Also, HAH!  Guess what I just got?  Yep.  The 1099.  Mailed on the 18th.  

Ridiculous.  If that was the fault of their accounting company, they should slap them.  But somehow I'm pretty sure it was memebox did something dumb.


----------



## TheSilverNail (Feb 26, 2015)

Question for y'all.  I asked for a withdrawal from Memebox to my PayPal account weeks ago -- actually I asked twice in response to an email from them.  But it was never made, and today I get an email from Lauren that says in part I have no points, blah blah blah.  I know points are separate from commissions, but when will they credit me for my commissions?  It's not much but I just want to be *finished* with this company.  Thanks!


----------



## biancardi (Feb 26, 2015)

TheSilverNail said:


> Question for y'all.  I asked for a withdrawal from Memebox to my PayPal account weeks ago -- actually I asked twice in response to an email from them.  But it was never made, and today I get an email from Lauren that says in part I have no points, blah blah blah.  I know points are separate from commissions, but when will they credit me for my commissions?  It's not much but I just want to be *finished* with this company.  Thanks!

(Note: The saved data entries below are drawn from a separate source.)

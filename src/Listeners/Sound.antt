-- ===== src/Listeners/Sound.antt =====
-- A refresh leaves the processor as consumeTraces needs it.
use asserts_otel_processor.Base.{
  ℕ, ◌^◌, ◌<◌, ◌≡◌, refl, ◌∙◌, Bool, String, Option, none, some, Always, Bool-cases, inl, inr,
}
use asserts_otel_processor.Base.Int.{ℤ}
use asserts_otel_processor.Base.Maps.{StringMap}
use asserts_otel_processor.Cache.{TtlCache, IsSized, IsFaithful}
use asserts_otel_processor.Platform.{Platform}
use asserts_otel_processor.Config.{Config}
use asserts_otel_processor.SpanEnrichment.Compilation.{on_update-IsSound as enricher-IsSound}
use asserts_otel_processor.Thresholds
use asserts_otel_processor.Labels.{get_attributes_as_labels}
use asserts_otel_processor.MetricHelper.{MetricHelper, on_update}
use asserts_otel_processor.MetricHelper.Prometheus.{Registry, IsConsistent}
use asserts_otel_processor.MetricHelper.Sound.{IsAdmissible, IsSoundHelper, on_update-IsSound}
use asserts_otel_processor.ConfigRefresh.{fetch_and_update_config}
use asserts_otel_processor.ConfigRefresh.Loop.{update_config-keeps}
use asserts_otel_processor.Processor.Sound.{IsSoundProcessor}
use asserts_otel_processor.Listeners.{
  Running, ProcessorOf, write_config, threshold_field, metrics_fields, current, adopt,
  metrics_updated, update_enricher, update_thresholds, update_metrics, processor_on_update,
  sampler_on_update, later_listeners, listeners, refresh,
}

module _ (rt : Platform) (labels : TtlCache (StringMap String)) (registry : Registry)
    (states : TtlCache ℕ) (clock : ℕ → ℤ) (sized : IsSized labels)
    (consistent : IsConsistent registry) (faithful : IsFaithful states) (n r : ℕ)
    (small : r < 2 ^ 53) (positive : 0 < r) where
  abbrev Proc : Type 0
  Proc = ProcessorOf rt labels registry states clock

  abbrev IsSoundProc : Proc → Type 0
  IsSoundProc =
      IsSoundProcessor rt labels registry states clock sized consistent faithful n r small positive

  abbrev RunningOf : Type 0
  RunningOf = Running rt labels registry states clock

  abbrev pub IsSoundRunning : RunningOf → Type 0
  IsSoundRunning s = IsSoundProc s.processor

  -- A write that keeps the limit per request and the metric helper.
  write_config-IsSound :
      (copy : Config → Config) (p : Proc)
      → ((c : Config) → (copy c).limit_per_request_per_service ≡ c.limit_per_request_per_service)
      → IsSoundHelper rt labels registry sized consistent n
          (record p.metric_builder { config = copy p.metric_builder.config })
      → IsSoundProc p
      → IsSoundProc (write_config rt labels registry states clock copy p)
  write_config-IsSound copy p limit metrics h = record {
    rules = h.rules;
    metrics = metrics;
    trace_count = h.trace_count;
    sampling = record {
      normal_sound = record {
        sound = record {
          limit =
              limit p.sampler.normal.sampler.core.threshold_helper.config
              ∙ h.sampling.normal_sound.sound.limit;
          bounded = h.sampling.normal_sound.sound.bounded;
          allocated = h.sampling.normal_sound.sound.allocated;
        };
        addressed = h.sampling.normal_sound.addressed;
      };
      trace_count = h.sampling.trace_count;
    };
  }

  update_enricher-IsSound :
      (new : Config) (s : RunningOf)
      → IsSoundRunning s
      → IsSoundRunning (update_enricher rt labels registry states clock new s).0
  unfolding update_enricher
  update_enricher-IsSound new s h = record {
    rules = enricher-IsSound rt s.processor.span_enricher new h.rules;
    metrics = h.metrics;
    trace_count = h.trace_count;
    sampling = h.sampling;
  }

  -- A write that touches neither the limits nor what the histogram is made of.
  copied-IsSound :
      (copy : Config → Config) (p : Proc)
      → ((c : Config) → (copy c).limit_per_request_per_service ≡ c.limit_per_request_per_service)
      → ((c : Config) → (copy c).limit_per_service ≡ c.limit_per_service)
      → ((c : Config) → (copy c).capture_attributes_in_metric ≡ c.capture_attributes_in_metric)
      → ((c : Config) → (copy c).latency_histogram_buckets ≡ c.latency_histogram_buckets)
      → IsSoundProc p
      → IsSoundProc (write_config rt labels registry states clock copy p)
  unfolding get_attributes_as_labels
  copied-IsSound copy p request service attributes buckets h =
      let config = p.metric_builder.config in
      write_config-IsSound copy p request
        (record {
          limit = service config ∙ h.metrics.limit;
          named = rw (attributes config) h.metrics.named;
          bucketed = rw (buckets config) h.metrics.bucketed;
          admissible = record {
            increasing_buckets = rw (buckets config) h.metrics.admissible.increasing_buckets;
            no_le = rw (attributes config) h.metrics.admissible.no_le;
          };
          registered = h.metrics.registered;
          within = h.metrics.within;
          has_names = h.metrics.has_names;
        })
        h

  update_thresholds-IsSound :
      (new : Config) (s : RunningOf)
      → IsSoundRunning s
      → IsSoundRunning (update_thresholds rt labels registry states clock new s).0
  unfolding update_thresholds Thresholds.on_update
  update_thresholds-IsSound new s h =
      let th = s.processor.sampler.normal.sampler.core.threshold_helper in
      copied-IsSound (threshold_field rt labels registry states clock new th) s.processor
        (λ c. refl) (λ c. refl) (λ c. refl) (λ c. refl) h

  update_metrics-IsSound :
      (stopped : Bool) (new : Config) (s : RunningOf)
      → IsAdmissible rt new
      → IsSoundRunning s
      → IsSoundRunning (update_metrics rt labels registry states clock stopped new s).0
  unfolding update_metrics
  update_metrics-IsSound stopped new s admissible h =
      go (on_update rt labels registry stopped new s.processor.metric_builder) (
        on_update-IsSound rt labels registry sized consistent n stopped new
          s.processor.metric_builder admissible h.metrics)
    where
      go :
          (o : Option (MetricHelper rt labels registry × Bool))
          → Always
              (λ (q : MetricHelper rt labels registry × Bool).
                IsSoundHelper rt labels registry sized consistent n q.0)
              o
          → IsSoundRunning (metrics_updated rt labels registry states clock s o).0
      go none sound = h
      go (some (helper, ok)) sound =
          write_config-IsSound (metrics_fields rt labels registry states clock helper.config)
            (record s.processor { metric_builder = helper }) (λ c. refl) sound
            (record {
              rules = h.rules;
              metrics = sound;
              trace_count = h.trace_count;
              sampling = h.sampling;
            })

  adopt-IsSound :
      (latest : Config) (s : RunningOf)
      → IsSoundRunning s
      → IsSoundRunning (adopt rt labels registry states clock s latest)
  adopt-IsSound latest s h = elim (Bool-cases s.exited) [ inl e ↦ rw e h | inr e ↦ rw e h ]

  -- Under the conditions of consumeTraces: if the processor is in order, then it is so after a refresh,
  -- whatever admissible configuration was fetched (or none), which listeners see a change, which of them fail,
  -- and whether the exporter stops.
  pub refresh-IsSound :
      (stopped : Bool) (fetched : Option Config) (s : RunningOf)
      → Always (IsAdmissible rt) fetched
      → IsSoundRunning s
      → IsSoundRunning (refresh rt labels registry states clock stopped fetched s)
  unfolding refresh fetch_and_update_config listeners later_listeners processor_on_update
      sampler_on_update
  refresh-IsSound stopped none s admissible h = h
  refresh-IsSound stopped (some latest) s admissible h =
      update_config-keeps (current rt labels registry states clock)
        (adopt rt labels registry states clock) IsSoundRunning latest
        (listeners rt labels registry states clock stopped)
        (
          (λ t. update_enricher-IsSound latest t),
          (
            (λ t. update_thresholds-IsSound latest t),
            (
              (λ t. update_metrics-IsSound stopped latest t admissible),
              (
                (λ t k.
                    copied-IsSound (processor_on_update latest) t.processor (λ c. refl) (λ c. refl)
                      (λ c. refl) (λ c. refl) k),
                (
                  (λ t k.
                      copied-IsSound (sampler_on_update latest) t.processor (λ c. refl) (λ c. refl)
                        (λ c. refl) (λ c. refl) k),
                  tt,
                ),
              ),
            ),
          ),
        )
        (λ t. adopt-IsSound latest t) s h
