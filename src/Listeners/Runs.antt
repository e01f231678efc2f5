-- ===== src/Listeners/Runs.antt =====
-- The processor over time: batches and refreshes in any order, one after the other. That a refresh
-- overlaps with a batch is not covered here.
use asserts_otel_processor.Base.{
  ℕ, ◌^◌, ◌<◌, Bool, String, List, [], ◌∷◌, Option, some, if◌then◌else◌, ◌>>=◌, Always,
}
use asserts_otel_processor.Base.Int.{ℤ}
use asserts_otel_processor.Base.Maps.{StringMap}
use asserts_otel_processor.Cache.{TtlCache, IsSized, IsFaithful}
use asserts_otel_processor.Platform.{Platform}
use asserts_otel_processor.Config.{Config}
use asserts_otel_processor.Traces.{Memory, ResourceSpans}
use asserts_otel_processor.MetricHelper.Prometheus.{Registry, IsConsistent}
use asserts_otel_processor.MetricHelper.Sound.{IsAdmissible}
use asserts_otel_processor.Processor.{with_memory, consume_traces}
use asserts_otel_processor.Listeners.{Running, ProcessorOf, refresh}
use asserts_otel_processor.Listeners.Sound.{IsSoundRunning}

-- A batch, with the spans as they arrive; or a tick of the refresh, with whether the exporter would
-- stop, and what was fetched.
pub data Event : Type 0 where
  batch : ℕ → Memory → List ResourceSpans → Event
  tick : Bool → Option Config → Event

module _ (rt : Platform) (labels : TtlCache (StringMap String)) (registry : Registry)
    (states : TtlCache ℕ) (clock : ℕ → ℤ) where
  abbrev RunningOf : Type 0
  RunningOf = Running rt labels registry states clock

  abbrev pub arrived :
      Memory
      → ProcessorOf rt labels registry states clock
      → ProcessorOf rt labels registry states clock
  arrived spans p = record p {
    sampler = with_memory rt labels registry states clock spans p.sampler;
  }

  unfoldable pub step : Event → RunningOf → Option RunningOf
  step (tick stopped fetched) s = some (refresh rt labels registry states clock stopped fetched s)
  step (batch ctx spans resources) s =
      let consumed =
        consume_traces rt labels registry states clock ctx resources (arrived spans s.processor)
        >>= λ p. some (record s { processor = p }) in
      if s.exited then some s else consumed

  unfoldable pub run : List Event → RunningOf → Option RunningOf
  unfolding step
  run [] s = some s
  run (e ∷ es) s = step e s >>= run es

module _ (rt : Platform) (labels : TtlCache (StringMap String)) (registry : Registry)
    (states : TtlCache ℕ) (clock : ℕ → ℤ) (sized : IsSized labels)
    (consistent : IsConsistent registry) (faithful : IsFaithful states) (n r : ℕ)
    (small : r < 2 ^ 53) (positive : 0 < r) where
  abbrev IsSoundFor : Running rt labels registry states clock → Type 0
  IsSoundFor =
      IsSoundRunning rt labels registry states clock sized consistent faithful n r small positive

  -- A configuration that is fetched is admissible.
  abbrev pub IsAdmissibleEvent : Event → Type 0
  IsAdmissibleEvent (batch ctx spans resources) = Unit
  IsAdmissibleEvent (tick stopped fetched) = Always (IsAdmissible rt) fetched
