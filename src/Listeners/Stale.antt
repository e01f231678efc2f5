-- ===== src/Listeners/Stale.antt =====
-- An update that the enrichment does not see.
use asserts_otel_processor.Base.{
  ℕ, ◌≡◌, refl, ap, ◌∙◌, true, false, not, Bool, ◌&&◌, String, [], Option, none, some, All,
  Bool-cases, inl, inr,
}
use asserts_otel_processor.Base.Int.{ℤ}
use asserts_otel_processor.Base.Maps.{StringMap}
use asserts_otel_processor.Cache.{TtlCache}
use asserts_otel_processor.Platform.{Platform}
use asserts_otel_processor.Config.{Config}
use asserts_otel_processor.Config.Equality.{equal_custom_attributes}
use asserts_otel_processor.SpanEnrichment.{SpanEnrichmentProcessor, is_updated}
use asserts_otel_processor.MetricHelper.{MetricHelper, on_update}
use asserts_otel_processor.MetricHelper.Prometheus.{Registry}
use asserts_otel_processor.ConfigRefresh.{ConfigListener, fetch_and_update_config}
use asserts_otel_processor.ConfigRefresh.Loop.{update_config-keeps, update_config-skip}
use asserts_otel_processor.Listeners.{
  Running, UpdateError, later_listeners, listener, update_enricher, current, adopt, metrics_updated,
  update_thresholds, update_metrics, listeners, refresh,
}

module _ (rt : Platform) (labels : TtlCache (StringMap String)) (registry : Registry)
    (states : TtlCache ℕ) (clock : ℕ → ℤ) where
  abbrev RunningOf : Type 0
  RunningOf = Running rt labels registry states clock

  abbrev HasRules : SpanEnrichmentProcessor rt → RunningOf → Type 0
  HasRules ep s = s.processor.span_enricher ≡ ep

  update_metrics-HasRules :
      (ep : SpanEnrichmentProcessor rt) (stopped : Bool) (new : Config) (s : RunningOf)
      → HasRules ep s
      → HasRules ep (update_metrics rt labels registry states clock stopped new s).0
  unfolding update_metrics
  update_metrics-HasRules ep stopped new s h =
      go (on_update rt labels registry stopped new s.processor.metric_builder)
    where
      go :
          (o : Option (MetricHelper rt labels registry × Bool))
          → HasRules ep (metrics_updated rt labels registry states clock s o).0
      go none = h
      go (some (helper, ok)) = h

  later-HasRules :
      (ep : SpanEnrichmentProcessor rt) (stopped : Bool) (latest : Config)
      → All
          (λ (l : ConfigListener RunningOf UpdateError).
            (s : RunningOf) → HasRules ep s → HasRules ep (l.on_update s latest).0)
          (later_listeners rt labels registry states clock stopped)
  unfolding later_listeners update_thresholds
  later-HasRules ep stopped latest = (
    (λ t k. k),
    ((λ t k. update_metrics-HasRules ep stopped latest t k), ((λ t k. k), ((λ t k. k), tt))),
  )

  adopt-HasRules :
      (ep : SpanEnrichmentProcessor rt) (latest : Config) (s : RunningOf)
      → HasRules ep s
      → HasRules ep (adopt rt labels registry states clock s latest)
  adopt-HasRules ep latest s h = elim (Bool-cases s.exited) [ inl e ↦ rw e h | inr e ↦ rw e h ]

  not_seen :
      (latest : Config) (s : RunningOf)
      → latest.span_attributes ≡ []
      → equal_custom_attributes
          (current rt labels registry states clock s).custom_attribute_configs
          latest.custom_attribute_configs
        ≡ true
      → not s.exited && is_updated (current rt labels registry states clock s) latest ≡ false
  unfolding is_updated
  not_seen latest s removed same = elim (Bool-cases s.exited) [
    | inl e ↦ rw e refl
    | inr e ↦ rw (removed, same, e) refl
  ]

  -- If the fetched configuration has no span attributes, and its custom attributes are those of the
  -- current one, then a refresh leaves the rules of enrichment as they are. So span attributes that
  -- were removed from the configuration stay in force.
  pub refresh-removed_kept :
      (stopped : Bool) (latest : Config) (s : RunningOf)
      → latest.span_attributes ≡ []
      → equal_custom_attributes
          (current rt labels registry states clock s).custom_attribute_configs
          latest.custom_attribute_configs
        ≡ true
      → (refresh rt labels registry states clock stopped (some latest) s).processor.span_enricher
        ≡ s.processor.span_enricher
  unfolding refresh fetch_and_update_config listeners
  refresh-removed_kept stopped latest s removed same =
      let ep = s.processor.span_enricher in
      let later = later_listeners rt labels registry states clock stopped in
      let skipped =
        update_config-skip (current rt labels registry states clock)
          (adopt rt labels registry states clock) latest
          (listener rt labels registry states clock is_updated
            (update_enricher rt labels registry states clock))
          later s (not_seen latest s removed same) in
      ap (λ (t : RunningOf). t.processor.span_enricher) skipped
      ∙ update_config-keeps (current rt labels registry states clock)
          (adopt rt labels registry states clock) (HasRules ep) latest later
          (later-HasRules ep stopped latest) (λ t. adopt-HasRules ep latest t) s refl
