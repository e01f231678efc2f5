-- ===== src/Processor/Sample.antt =====
-- A concrete processor for tests, which has seen no traces yet, and a batch for it.
use asserts_otel_processor.Base.{
  ℕ, zero, ◌*◌, refl, true, false, arith, Bool, String, List, [], ◌∷◌,
}
use asserts_otel_processor.Base.Int.{ℤ, pos}
use asserts_otel_processor.Base.Maps.{StringMap, lookup}
use asserts_otel_processor.Cache.{TtlCache}
use asserts_otel_processor.Cache.Sample.{plain_cache, plain_cache-IsFaithful, plain_cache-IsSized}
use asserts_otel_processor.Platform.Sample.{sample_platform}
use asserts_otel_processor.Span.{Span, SpanKind, server, client, ok}
use asserts_otel_processor.Config.Sample.{sample_config}
use asserts_otel_processor.Counters.{no_counts}
use asserts_otel_processor.Labels.{
  replace, apply_prom_conventions, get_attributes_as_labels, span_metric_labels,
}
use asserts_otel_processor.Labels.Agreement.{count}
use asserts_otel_processor.Traces.{Memory, ResourceSpans}
use asserts_otel_processor.MetricHelper.Prometheus.{
  increasing, plain_registry, plain_registry-IsConsistent,
}
use asserts_otel_processor.Processor.{Processor}
use asserts_otel_processor.Processor.Sound.{IsSoundProcessor}

abbrev pub span : Bool → SpanKind → Span
span orphan kind = record {
  trace_id = "t1";
  is_orphan = orphan;
  name = "/api";
  kind = kind;
  status = ok;
  start_timestamp = 0;
  end_timestamp = 1;
  attributes = [];
}

abbrev pub memory : Memory
memory zero = span true server
memory a = span false client

abbrev pub batch : List ResourceSpans
batch =
    record {
      resource = ("service.name", record { str = "cart"; as_string = "cart" }) ∷ [];
      scope_spans = (0 ∷ 1 ∷ []) ∷ [];
    }
    ∷ []

abbrev pub clock : ℕ → ℤ
clock n = pos (1800 * n)

abbrev pub labels : TtlCache (StringMap String)
labels = plain_cache (StringMap String)

abbrev pub ProcessorOf : Type 0
ProcessorOf = Processor sample_platform labels plain_registry (plain_cache ℕ) clock

-- With traces sampled or not.
abbrev pub processor : Bool → ProcessorOf
processor sampled =
    let config = record sample_config { capture_metrics = true; sample_traces = sampled } in
    record {
      span_enricher = record { custom_attributes = [] };
      metric_builder = record {
        config = config;
        caches = [];
        buckets = [];
        names = span_metric_labels sample_platform (get_attributes_as_labels config);
        observed = [];
      };
      sampler = record {
        normal = record {
          sampler = record {
            core = record {
              threshold_helper = record { config = config; thresholds = []; entity_keys = [] };
              memory = memory;
              samplers = [];
            };
            services = [];
          };
          caches = [];
          states = [];
          readings = 1;
        };
        traces = [];
        counters = no_counts;
      };
      forwarded = [];
    }

abbrev pub IsSoundHere : ProcessorOf → Type 0
IsSoundHere =
    IsSoundProcessor sample_platform labels plain_registry (plain_cache ℕ) clock
      (plain_cache-IsSized (StringMap String)) plain_registry-IsConsistent
      (plain_cache-IsFaithful ℕ) 100 3 (omega arith) (omega arith)

pub processor-IsSound : (sampled : Bool) → IsSoundHere (processor sampled)
unfolding lookup increasing count span_metric_labels get_attributes_as_labels apply_prom_conventions
    replace
processor-IsSound sampled = record {
  rules = tt;
  metrics = record {
    limit = refl;
    named = refl;
    bucketed = refl;
    admissible = record { increasing_buckets = refl; no_le = refl };
    registered = refl;
    within = λ key c e. absurd (cc);
    has_names = tt;
  };
  trace_count = 0;
  sampling = record {
    normal_sound = record {
      sound = record {
        limit = refl;
        bounded = tt;
        allocated = λ key request sq a p q. absurd (cc);
      };
      addressed = λ key c e. absurd (cc);
    };
    trace_count = refl;
  };
}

it would have gone to your memepoints and then it would become a commission

Check your affiliate withdrawal page - do you see your withdrawal there?   If so, is it still pending?  Do screen shots too.  If they cancelled it on you, take a screen shot and send it to lauren.


----------



## Saffyra (Feb 26, 2015)

they hope to have everyone's commissions paid out by February 28th.

If you filled out the Google form for your commissions and requested the cash via the Withdrawal section in your affiliate account, those should have already been turned into points.

The points will then be turned into cash via Paypal. If you are International, your whole stash of points/commission points should be converted to PayPal cash by the 28th.

I have no idea what the email meant, though.


----------



## TheSilverNail (Feb 26, 2015)

Thanks for the help.  I'm so confused.  They don't seem to want to either convert my commission to points or to refund it to PayPal.  I sent them an email today so will wait another day to try something else.  P.S.  I'm in the U.S.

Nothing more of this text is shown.